- [Exercise]: Within the entries below, find every line that has the string "none", then copy it.

- [Records from a collection]:
· · ·

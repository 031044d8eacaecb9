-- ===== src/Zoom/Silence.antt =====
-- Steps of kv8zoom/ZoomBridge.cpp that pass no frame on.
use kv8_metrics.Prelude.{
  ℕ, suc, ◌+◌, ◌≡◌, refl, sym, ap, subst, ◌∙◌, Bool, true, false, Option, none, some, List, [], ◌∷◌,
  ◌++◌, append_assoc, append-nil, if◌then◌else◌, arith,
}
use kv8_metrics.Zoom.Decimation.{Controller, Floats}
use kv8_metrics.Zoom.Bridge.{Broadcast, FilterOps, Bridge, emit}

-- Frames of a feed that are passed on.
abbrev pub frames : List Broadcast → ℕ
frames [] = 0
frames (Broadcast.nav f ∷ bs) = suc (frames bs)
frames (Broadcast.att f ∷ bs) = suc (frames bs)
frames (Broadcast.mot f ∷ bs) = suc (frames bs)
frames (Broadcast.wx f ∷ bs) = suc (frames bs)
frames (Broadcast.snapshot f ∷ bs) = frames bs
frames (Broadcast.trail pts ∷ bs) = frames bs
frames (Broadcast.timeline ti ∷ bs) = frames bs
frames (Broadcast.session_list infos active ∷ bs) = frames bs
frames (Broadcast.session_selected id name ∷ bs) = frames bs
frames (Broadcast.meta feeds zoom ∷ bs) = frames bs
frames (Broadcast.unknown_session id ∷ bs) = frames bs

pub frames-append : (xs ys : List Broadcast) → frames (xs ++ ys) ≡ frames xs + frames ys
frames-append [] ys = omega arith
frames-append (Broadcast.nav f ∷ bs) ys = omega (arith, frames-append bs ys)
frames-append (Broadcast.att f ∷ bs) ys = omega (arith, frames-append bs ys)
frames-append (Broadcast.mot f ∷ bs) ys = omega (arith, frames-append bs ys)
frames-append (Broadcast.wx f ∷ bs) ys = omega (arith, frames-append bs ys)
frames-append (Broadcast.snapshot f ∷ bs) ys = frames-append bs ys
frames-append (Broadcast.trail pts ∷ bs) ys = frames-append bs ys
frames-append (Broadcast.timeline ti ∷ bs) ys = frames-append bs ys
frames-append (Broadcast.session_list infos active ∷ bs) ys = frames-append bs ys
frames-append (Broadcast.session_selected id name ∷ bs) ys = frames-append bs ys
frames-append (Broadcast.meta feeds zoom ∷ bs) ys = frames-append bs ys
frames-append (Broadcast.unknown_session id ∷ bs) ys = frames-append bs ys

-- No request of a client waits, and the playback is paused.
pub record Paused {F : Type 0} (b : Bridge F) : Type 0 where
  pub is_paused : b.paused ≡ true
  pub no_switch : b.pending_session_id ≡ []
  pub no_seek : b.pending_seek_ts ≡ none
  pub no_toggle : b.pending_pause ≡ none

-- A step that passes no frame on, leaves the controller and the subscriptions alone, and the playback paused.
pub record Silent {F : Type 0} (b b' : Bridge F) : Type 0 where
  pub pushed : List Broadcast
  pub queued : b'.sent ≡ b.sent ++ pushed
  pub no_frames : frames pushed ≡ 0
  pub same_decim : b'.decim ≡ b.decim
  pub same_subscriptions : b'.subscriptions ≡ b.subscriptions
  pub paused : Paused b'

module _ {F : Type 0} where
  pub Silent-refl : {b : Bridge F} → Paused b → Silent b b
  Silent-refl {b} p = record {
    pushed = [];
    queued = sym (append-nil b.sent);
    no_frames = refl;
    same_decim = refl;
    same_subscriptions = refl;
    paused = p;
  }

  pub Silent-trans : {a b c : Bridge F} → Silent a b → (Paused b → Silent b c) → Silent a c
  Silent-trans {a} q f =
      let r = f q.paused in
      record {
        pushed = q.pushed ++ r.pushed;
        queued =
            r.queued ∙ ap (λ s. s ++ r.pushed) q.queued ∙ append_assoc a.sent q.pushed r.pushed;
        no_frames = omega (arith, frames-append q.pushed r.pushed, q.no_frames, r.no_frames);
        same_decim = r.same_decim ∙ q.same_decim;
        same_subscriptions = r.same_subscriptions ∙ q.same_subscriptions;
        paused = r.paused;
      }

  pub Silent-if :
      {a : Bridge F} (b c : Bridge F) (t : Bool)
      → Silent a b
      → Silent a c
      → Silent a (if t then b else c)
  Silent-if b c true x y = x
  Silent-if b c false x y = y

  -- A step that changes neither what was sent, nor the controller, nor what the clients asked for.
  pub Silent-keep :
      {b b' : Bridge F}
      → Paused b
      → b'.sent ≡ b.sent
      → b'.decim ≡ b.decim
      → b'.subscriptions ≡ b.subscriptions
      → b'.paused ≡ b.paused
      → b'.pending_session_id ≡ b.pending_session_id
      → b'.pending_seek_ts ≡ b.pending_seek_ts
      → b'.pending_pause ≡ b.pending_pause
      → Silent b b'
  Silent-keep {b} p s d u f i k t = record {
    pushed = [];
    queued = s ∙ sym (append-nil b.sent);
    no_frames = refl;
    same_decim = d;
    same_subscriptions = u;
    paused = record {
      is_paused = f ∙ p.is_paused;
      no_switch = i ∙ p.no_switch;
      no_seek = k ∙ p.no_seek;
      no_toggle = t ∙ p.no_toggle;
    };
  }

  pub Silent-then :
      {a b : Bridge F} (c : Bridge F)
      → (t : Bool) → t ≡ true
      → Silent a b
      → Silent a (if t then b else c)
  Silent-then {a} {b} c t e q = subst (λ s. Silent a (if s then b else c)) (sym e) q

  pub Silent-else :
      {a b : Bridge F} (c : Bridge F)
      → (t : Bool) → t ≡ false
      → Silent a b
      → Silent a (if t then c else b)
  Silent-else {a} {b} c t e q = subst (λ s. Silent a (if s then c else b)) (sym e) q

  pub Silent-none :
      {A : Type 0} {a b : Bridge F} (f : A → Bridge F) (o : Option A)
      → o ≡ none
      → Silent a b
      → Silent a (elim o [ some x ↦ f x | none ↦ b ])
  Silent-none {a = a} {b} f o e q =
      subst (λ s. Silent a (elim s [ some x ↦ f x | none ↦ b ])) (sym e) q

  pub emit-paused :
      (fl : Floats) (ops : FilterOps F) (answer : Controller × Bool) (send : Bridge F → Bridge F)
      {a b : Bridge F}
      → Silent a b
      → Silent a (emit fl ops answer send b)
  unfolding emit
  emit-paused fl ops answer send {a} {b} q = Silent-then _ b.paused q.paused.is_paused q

· · ·

- [Solved problem]:
  ℕ, suc, ◌+◌, ◌≡◌, refl, sym, ap, subst, ◌∙◌, Bool, true, false, Option, none, some, List, [], ◌∷◌,
  pub no_seek : b.pending_seek_ts ≡ none
  pub no_toggle : b.pending_pause ≡ none
  pub Silent-none :
      → o ≡ none
      → Silent a (elim o [ some x ↦ f x | none ↦ b ])
  Silent-none {a = a} {b} f o e q =
      subst (λ s. Silent a (elim s [ some x ↦ f x | none ↦ b ])) (sym e) q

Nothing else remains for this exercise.